Stefan is na die dag amper nog op school geweest. Een paar weken later zaten we opnieuw aan tafel met hem, zijn moeder en twee nieuwe hulpverleners. Hij woonde inmiddels weer beschermd. Dit moest het worden, nu voelde het ‘echt goed’. Echt waar. ‘Mijn behandelaar hamert erop dat ik naar school ga en Structuur in mijn leven krijg.’ Ik snapte het, maar zag het niet gebeuren. Er moesten eerst andere dingen aangepakt worden voordat wij met onze lessen Structuur konden gaan bieden. Wij zijn geen behandelaars, geen Structuurfabrieken en geen oppassers voor zorgkinderen. We bieden onderwijs, willen jongeren begeleiden en ondersteunen om een goede burger, werknemer en vooral een fantastische versie van zichzelf te worden. Maar dat lukt gewoon niet altijd.
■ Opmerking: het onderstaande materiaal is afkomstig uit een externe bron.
-- ===== src/Routes/Switch.antt =====
-- Which key the retry loop of src/routes/chat.rs tries next.
use mybro.KeyPool.{KeySlot, PoolInner, acquire, total, cooldown_for_status, mark_unhealthy}
use mybro.KeyPool.Acquire.{acquire-none_iff}
use mybro.KeyPool.Cooldown.{mark_unhealthy-usable, acquire-mark_unhealthy}
use mybro.KeyPool.Scan.{usable_at}
use mybro.Prelude.{
  ℕ, ◌-◌, ◌<◌, ◌≡◌, ◌≢◌, refl, true, false, none, some, length, length-set, get_elem?, get_elem?-lt,
  lt_of_get_elem?, Option-cases, inl, inr, ltb, ◌==◌, arith,
}
use mybro.Routes.Chat.{pick_slot}

usable_at-lt : (now : ℕ) (p : PoolInner) (j : ℕ) → usable_at now p j ≡ true → j < length p.entries
usable_at-lt now p j h = elim (Option-cases (get_elem? p.entries j)) [
  | inl e ↦ absurd (ground arith)
  | inr (x, e) ↦ lt_of_get_elem? p.entries j x e
]

total-mark_unhealthy :
    (t idx status : ℕ) (p : PoolInner) → total (mark_unhealthy t idx status p) ≡ length p.entries
unfolding total mark_unhealthy
total-mark_unhealthy t idx status p = elim (Option-cases (get_elem? p.entries idx)) [
  | inl e ↦ rw (mark_unhealthy, e) refl
  | inr (x, e) ↦
      rw (mark_unhealthy, e)
        (length-set p.entries idx (record x {
          healthy = false;
          last_error = some t;
          cooldown = cooldown_for_status status;
        }))
]

pick_slot-found :
    (attempt now : ℕ) (slot s : KeySlot) (p : PoolInner)
    → ltb 1 attempt ≡ true
    → ltb 1 (total p) ≡ true
    → (acquire now none p).0 ≡ some s
    → (pick_slot attempt now slot p).0 ≡ s
unfolding pick_slot total
pick_slot-found attempt now slot s p a b h = rw (pick_slot, a, b, h) refl

-- After an attempt has failed with a key, and while the cooldown that the failure gave it runs, the
-- next attempt takes another key, provided that some other key of the pool can be used.
pub pick_slot-mark_unhealthy :
    (attempt now t status j : ℕ) (slot : KeySlot) (p : PoolInner)
    → 1 < attempt
    → slot.index < length p.entries
    → now - t < cooldown_for_status status
    → usable_at now p j ≡ true
    → j ≢ slot.index
    → (pick_slot attempt now slot (mark_unhealthy t slot.index status p)).0.index ≢ slot.index
pick_slot-mark_unhealthy attempt now t status j slot p later here early usable other =
    let q = mark_unhealthy t slot.index status p in
    let (x, found) = get_elem?-lt p.entries slot.index here in
    let ne : (slot.index == j) ≡ false = ground arith in
    let still : usable_at now q j ≡ true =
      rw (mark_unhealthy-usable now t slot.index status j p x found, ne) usable in
    elim (Option-cases (acquire now none q).0) [
      | inl e ↦ absurd (let h = (acquire-none_iff now none q).0 e j in cc)
      | inr (s, e) ↦
          let lt = usable_at-lt now p j usable in
          let many : ltb 1 (total q) ≡ true =
            rw (total-mark_unhealthy t slot.index status p) (ground arith) in
          let a : ltb 1 attempt ≡ true = ground arith in
          rw (pick_slot-found attempt now slot s q a many e)
            (acquire-mark_unhealthy now t slot.index status none p s early e)
    ]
Beste collega’s en hulpverleningsinstanties: Structuur is soms, maar lang niet altijd het toverwoord voor studenten. Structuur is een fantastisch gegeven dat kan worden ingebed als heel veel andere dingen uit de piramide van Maslov kloppen; als de jongeren gerust zijn, als ze kunnen ademen, als ze veilig zijn en liefde en vriendschap voelen. Daarnaast moeten we bedenken of die Structuur dan altijd maar op school gezocht moet worden, tussen de twintig andere studenten die meewarig kijken of zich door de situatie juist ook onveilig voelen. Zullen we samen kijken of we nog wat meer jongeren kunnen redden door niet zo vaak en zo snel het toverwoord te gebruiken?